It is extremely important for parents to encourage their teens to either volunteer or get a job. There are many benefits to teens taking on the responsibility of volunteering and working, and these skills and life lessons they learn will carry on throughout their lives. The simple skills they learn in the work environment settings such as handling money and professionalism are skills they wont get anywhere else.

Volunteering is great for not only getting involved in the community, but it will help boost resumes and college applications when the time comes. Having the chance to volunteer will help them find a business or cause they love and help grow their ambitions about their career goals. Volunteering not only gives them an opportunity to change lives, but can also change their own lives.

How Early Should a Teen Working?

Parents should start discussing the topic of working with their teens when they are around the age of 14. Federal law makes 14 the minimum age for most paying jobs, but there are exceptions, such as babysitting, farm work, and working for a family business. Some states have child labor laws that set older minimum ages, so be sure to double check your state’s to see how old your child needs to be, what forms you need to fill out as well as law restrictions.

How Early Should a Teen Volunteer?

Hopefully your kids have volunteered at least once before they are teens. You can get them involved with volunteering in your community at a younger age by doing it as a family. This not only builds their moral fiber, but it also builds a great family bond. Unlike school, with volunteering your teen gets to choose what really interests then and who or what is most deserving of their time. The flexibility of volunteering and the variety of options will help your child grow that they are and truly find what makes them happy.

How to Find Job Opportunities For your Teen:

  • Use Easily Accessible Resources. One of the best resources that tends to go highly unseen by teenagers are their school guidance counselors. They are a great resource for your teens out to in order to see if there are any known available positions open. Also guidance counselors typically go above and beyond and will help them search for suitable jobs as well and prepare them for interviews.
  • Ask and You Shall Receive. Asking never hurt anyone, and sometimes the only way to find out is to ask. Have them go to their favorite hang out spots, such as restaurants, movies or even the mall, and ask If there are any jobs available. If not, ask to fill out an application incase a position opens up. Showing their interest will put them at the top of the waiting list.
  • Look for Signs. Keep your eyes open. Sometimes it is as simple as looking for signs in the windows or billboards that say the company is hiring.
  • Social Media Networking. Post on their social media sites that they are looking for a job, and see if any friends or families know of any opportunities.


How to Find Volunteering Opportunities That Are Right For Your Teen:

Even as adults, we find it hard to know what we want and like, just imagine how hard it is for teens to figure that out! In a sea of opportunities, sometimes it can be overwhelming and teens may not know where to begin in deciding where they want to work or volunteer. Sit them down and discuss general topics that will help lead the search of work and volunteering into a narrower search.
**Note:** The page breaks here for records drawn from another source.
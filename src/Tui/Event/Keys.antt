-- ===== src/Tui/Event/Keys.antt =====
-- Which events end the client.
use family_com.Prelude.{◌≡◌, ◌≢◌, ◌↔◌, Bool, true, false, ◌&&◌, ◌||◌, some, eqb, code, arith}
use family_com.Tui.App.{TuiApp, Action, FocusedPanel}
use family_com.Tui.Event.{
  KeyCode, MouseEvent, TerminalEvent, PanelRects, handle_key_event, handle_mouse_event,
  handle_event,
}

abbrev not_input : FocusedPanel → Bool
not_input FocusedPanel.input = false
not_input _ = true

-- Ctrl+C, Esc, or q outside the input.
abbrev pub ends : KeyCode → Bool → FocusedPanel → Bool
ends KeyCode.esc control panel = true
ends (KeyCode.char c) control panel =
    control && eqb (code c) b'c' || (not_input panel && eqb (code c) b'q')
ends _ control panel = false

abbrev pub ends_client : TerminalEvent → FocusedPanel → Bool
ends_client (TerminalEvent.key k) panel = ends k.code k.control panel
ends_client _ panel = false

key_quit :
    (c : KeyCode) (control : Bool) (app : TuiApp)
    → (handle_key_event (record { code = c; control = control }) app ≡ some Action.quit)
      ↔ (ends c control app.focused ≡ true)
unfolding handle_key_event
key_quit (KeyCode.char c) true app = (λ h. ground arith, λ h. ground arith)
key_quit (KeyCode.char c) false app = (λ h. ground arith, λ h. ground arith)
key_quit _ control app = (λ h. ground arith, λ h. ground arith)

mouse_quit : (m : MouseEvent) (rects : PanelRects) → handle_mouse_event m rects ≢ some Action.quit
unfolding handle_mouse_event
mouse_quit m rects = λ h. ground arith

-- The client is told to quit exactly by Ctrl+C, by Esc in every panel, and by q outside the input;
-- never by the mouse.
pub handle_event_quit_iff :
    (e : TerminalEvent) (rects : PanelRects) (app : TuiApp)
    → (handle_event e rects app ≡ some Action.quit) ↔ (ends_client e app.focused ≡ true)
unfolding handle_event
handle_event_quit_iff (TerminalEvent.key k) rects app = key_quit k.code k.control app
handle_event_quit_iff (TerminalEvent.mouse m) rects app =
    (λ h. absurd (mouse_quit m rects h), λ h. cc)
handle_event_quit_iff TerminalEvent.other_event rects app = (λ h. cc, λ h. cc)
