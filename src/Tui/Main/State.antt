-- ===== src/Tui/Main/State.antt =====
-- crates/familycom/src/main.rs: the state of the loop of the terminal client, what a turn and the start
-- meet, and the steps that need no socket.
use Prim.Native.String.{◌++◌ as ◌<>◌}
use family_com.Prelude.{String, Bool, true, false, List, Option, none, some, Result, ok, err, ◌==◌}
use family_com.Core.Types.{PeerId, MessageId, Timestamp, Message, sent}
use family_com.Core.Ipc.{ServerMessage}
use family_com.Tui.App.{TuiApp, push_message, take_input}
use family_com.Tui.Event.{TerminalEvent, PanelRects}
use family_com.Tui.IpcClient.{IpcClientError, show_client_error}

-- The state of the loop: `app`, and the lines that `client` has written.
pub record Session : Type 0 where
  pub app : TuiApp
  pub written : List String

-- `Some(Ok(evt))`, `Some(Err(_))` and `None` of the event stream, what is read from the daemon, and
-- the tick.
pub data Ready : Type 0 where
  terminal : TerminalEvent → Ready
  input_error : Ready
  stream_ended : Ready
  daemon : Result String String → Ready
  tick : Ready

-- The loop is left when the stream of events has ended.
unfoldable pub goes_on : Ready → Bool
goes_on stream_ended = false
goes_on _ = true

-- What a turn meets: the rectangles that were drawn, a fault of the write, the identifier and the
-- time for a message.
pub record Turn : Type 0 where
  pub ready : Ready
  pub rects : PanelRects
  pub fault : Option String
  pub fresh_id : MessageId
  pub now : Timestamp

-- The message that is shown before the daemon knows of it.
unfoldable pub optimistic_message : Turn → PeerId → String → Message
optimistic_message turn peer_id content = record {
  id = turn.fresh_id;
  peer_id = peer_id;
  direction = sent;
  content = content;
  timestamp = turn.now;
  delivered = false;
}

-- What the start meets: the socket, the faults of the three writes, and the reads of the reply to
-- Subscribe and of the first two messages, which may time out. With --set-name there is one write
-- and one read, the first of each.
pub record Start : Type 0 where
  pub socket_path : String
  pub exists : Bool
  pub refused : Option String
  pub first_fault : Option String
  pub config_fault : Option String
  pub peers_fault : Option String
  pub reply : Result String String
  pub one : Option (Result String String)
  pub two : Option (Result String String)

-- The input is cleared, and the message is shown.
unfoldable pub show_sent : Turn → PeerId → String → TuiApp → TuiApp
unfolding take_input push_message optimistic_message
show_sent turn peer_id content app =
    let cleared = (take_input app).1 in
    record cleared {
      messages = push_message cleared.messages (optimistic_message turn peer_id content);
      messages_scroll = 0;
    }

-- What follows the call of `client.send`.
unfoldable pub after_send : TuiApp → Result (Unit {0}) IpcClientError × List String → Session
after_send app (ok _, written) = record { app = app; written = written }
after_send app (err e, written) = record {
  app = record app { status = "Error enviando: " <> show_client_error e };
  written = written;
}

-- `new_peer != prev_peer`.
unfoldable pub same_peer : Option PeerId → Option PeerId → Bool
same_peer none none = true
same_peer (some a) (some b) = a == b
same_peer _ _ = false

unfoldable pub is_peer_list : ServerMessage → Bool
is_peer_list (ServerMessage.peer_list _) = true
is_peer_list _ = false
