-- ===== src/Tui/Main.antt =====
-- crates/familycom/src/main.rs: the loop of the terminal client. A turn of the loop is the branch of
-- `select!` that is ready, with what the calls in it meet; `none` is a panic.
pub mod State
pub mod Validity
pub mod Selection
pub mod Fetching
pub mod Requests
pub mod Typing
pub mod Startup
unfoldable pub use State.*
use Prim.Native.String.{◌++◌ as ◌<>◌}
use mathlib.Core.Option
use family_com.Prelude.{
  ℕ, String, Bool, true, false, not, ◌&&◌, List, [], ◌∷◌, Option, none, some, Result, ok, err,
  ◌>>=◌, ◌==◌, if◌then◌else◌, trim, is_blank,
}
use family_com.Core.Types.{PeerId, MessageId, Timestamp, Message, sent}
use family_com.Core.Ipc.{ClientRequest, ServerMessage, IpcJson}
use family_com.Tui.App.{
  TuiApp, Action, selected_peer_id, push_message, handle_action, take_input, new,
}
use family_com.Tui.Event.{TerminalEvent, PanelRects, handle_event}
use family_com.Tui.IpcClient.{
  IpcClientError, disconnected, show_client_error, connect_to, send, recv, subscribe,
}

module _ (requests : IpcJson ClientRequest) (responses : IpcJson ServerMessage) where
  -- From "Clear the input buffer", the peer being selected.
  unfoldable pub send_to_peer : Turn → PeerId → String → Session → Session
  unfolding show_sent after_send
  send_to_peer turn peer_id content s =
      after_send (show_sent turn peer_id content s.app)
        (send requests turn.fault s.written (ClientRequest.send_message peer_id content))

  unfoldable pub handle_send_message : Turn → Session → Session
  unfolding send_to_peer
  handle_send_message turn s =
      if is_blank (trim s.app.input) then s else elim (selected_peer_id s.app) [
        | none ↦ record s { app = record s.app { status = "No hay peer seleccionado" } }
        | some peer_id ↦ send_to_peer turn peer_id (trim s.app.input) s
      ]

  unfoldable pub fetch_selected_peer_messages : Option String → Session → Session
  fetch_selected_peer_messages fault s = elim (selected_peer_id s.app) [
    | none ↦ s
    | some peer_id ↦ record s {
      written = (send requests fault s.written (ClientRequest.get_messages peer_id 100 none)).1;
    }
  ]

  -- What follows an action: the history of a newly selected peer is requested.
  unfoldable pub after_action : Turn → Session → TuiApp → Session
  unfolding fetch_selected_peer_messages same_peer
  after_action turn s app =
      if same_peer (selected_peer_id app) (selected_peer_id s.app)
      then record s { app = app }
      else fetch_selected_peer_messages turn.fault (record s { app = app })

  -- An action other than sending.
  unfoldable pub handle_other : Turn → Action → Session → Option Session
  unfolding after_action
  handle_other turn action s = Option.map (after_action turn s) (handle_action s.app action)

  -- The `match` on an action.
  unfoldable pub perform : Turn → Action → Session → Option Session
  unfolding handle_send_message handle_other
  perform turn Action.send_message s = some (handle_send_message turn s)
  perform turn other s = handle_other turn other s

  unfoldable pub handle_terminal : Turn → TerminalEvent → Session → Option Session
  unfolding perform
  handle_terminal turn e s = elim (handle_event e turn.rects s.app) [
    | none ↦ some s
    | some action ↦ perform turn action s
  ]

  -- What follows a message of the daemon.
  unfoldable pub after_message : Turn → ServerMessage → Session → TuiApp → Session
  unfolding is_peer_list fetch_selected_peer_messages
  after_message turn msg s app =
      if is_peer_list msg
      then fetch_selected_peer_messages turn.fault (record s { app = app })
      else record s { app = app }

  unfoldable pub handle_received :
      Turn → Result ServerMessage IpcClientError → Session → Option Session
  unfolding after_message
  handle_received turn (ok msg) s =
      Option.map (after_message turn msg s) (handle_action s.app (Action.server_message msg))
  handle_received turn (err disconnected) s =
      some (record s { app = record s.app { status = "Desconectado del daemon" } })
  handle_received turn (err e) s =
      some (record s { app = record s.app { status = "Error: " <> show_client_error e } })

  -- The arms of `select!`.
  unfoldable pub handle_ready : Turn → Ready → Session → Option Session
  unfolding handle_terminal handle_received
  handle_ready turn (terminal e) s = handle_terminal turn e s
  handle_ready turn (daemon read) s = handle_received turn (recv responses read) s
  handle_ready turn _ s = some s

  -- The loop of `run_tui` over turns, up to its end.
  unfoldable pub run_loop : List Turn → Session → Option Session
  unfolding goes_on
  run_loop [] s = some s
  run_loop (turn ∷ turns) s = elim (handle_ready turn turn.ready s) [
    | none ↦ none
    | some s' ↦ elim (goes_on turn.ready && not s'.app.should_quit) [
      | true ↦ run_loop turns s'
      | false ↦ some s'
    ]
  ]

  -- One of the two first reads, of which an error and a timeout are passed over.
  unfoldable pub first_read : Option (Result String String) → TuiApp → Option TuiApp
  first_read none app = some app
  first_read (some read) app = elim (recv responses read) [
    | ok msg ↦ handle_action app (Action.server_message msg)
    | err _ ↦ some app
  ]

  -- `run_tui` up to the loop.
  unfoldable pub first_reads :
      Option (Result String String) → Option (Result String String) → TuiApp → Option TuiApp
  first_reads one two app = elim (first_read one app) [
    | none ↦ none
    | some app' ↦
        Option.map (λ (a : TuiApp). record a { status = "Conectado" }) (first_read two app')
  ]

  -- `main`, up to `run_tui`: the lines that were written.
  unfoldable pub greet : Start → Result (List String) IpcClientError
  greet w = do
    written ← connect_to w.socket_path w.exists w.refused
    let subscribed = subscribe requests responses w.first_fault w.reply written
    _ ← subscribed.0
    let configured = send requests w.config_fault subscribed.1 ClientRequest.get_config
    _ ← configured.0
    let listed = send requests w.peers_fault configured.1 ClientRequest.list_peers
    _ ← listed.0
    ok listed.1

  -- `main`, up to the loop.
  unfoldable pub start : Start → Result (Option Session) IpcClientError
  unfolding first_reads
  start w = do
    written ← greet w
    ok (Option.map (λ app. record { app = app; written = written }) (first_reads w.one w.two new))

-- How `--set-name` ends: the name is changed, the daemon refuses it, or it answers something else.
pub data SetName : Type 0 where
  changed : SetName
  refused_by_daemon : String → SetName
  unexpected : SetName

unfoldable pub set_name_of : ServerMessage → SetName
set_name_of ServerMessage.done = changed
set_name_of (ServerMessage.error code message) = refused_by_daemon message
set_name_of _ = unexpected

-- `set_display_name`, on a socket that exists and accepts the connection or not.
unfoldable pub set_display_name :
    IpcJson ClientRequest
    → IpcJson ServerMessage
    → Start
    → String
    → Result SetName IpcClientError × List String
unfolding set_name_of
set_display_name requests responses w name = elim (connect_to w.socket_path w.exists w.refused) [
  | err e ↦ (err e, [])
  | ok written ↦
      let (outcome, written') =
        send requests w.first_fault written (ClientRequest.set_display_name name) in
      (do _ ← outcome; response ← recv responses w.reply; ok (set_name_of response), written')
]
Some ideas for that would be:

  • Help kids learn and grow. Become a Big Brother or Big Sister, camp counselor, or volunteer for an after-school sports program. Special Olympics games and events are great ways to get to know special-needs kids.
  • Give back over the holidays. Serve Thanksgiving dinner to the homeless, volunteer at your local food bank, or distribute toys to kids. Your church, temple, mosque, or other place of worship also may be able to use your help.
  • Play with pets at a local animal shelter. Most shelters depend on volunteers to keep the cats and dogs happy and well exercised. (And when you’re walking rescued dogs, you get a workout too.)
  • Volunteer for a political campaign. If you’re interested in politics, it’s a great way to find out how things work on the inside. Even if you can’t vote, you can still work to get your candidate elected — whether it’s the president of the United States or your town mayor.
  • Help the environment. Join a conservation group and help out with river preservation. Take part in a local park cleanup day. You don’t have to be an outdoorsy type if you can’t picture yourself hauling trees up a hill, you could help out in a park office or education center.
  • Support a health-related cause. Lots of us are close to people who have a medical problem (like cancer, HIV, or diabetes, for example). It can feel good to donate your time to an organization that raises money for research, delivers meals, or offers other help to people with an illness.

If you have more than one thing you love, find a way to combine the two. For example, if you love kids and are great at arts and crafts, visit your local children’s hospital and offer to lead art activities for young patients.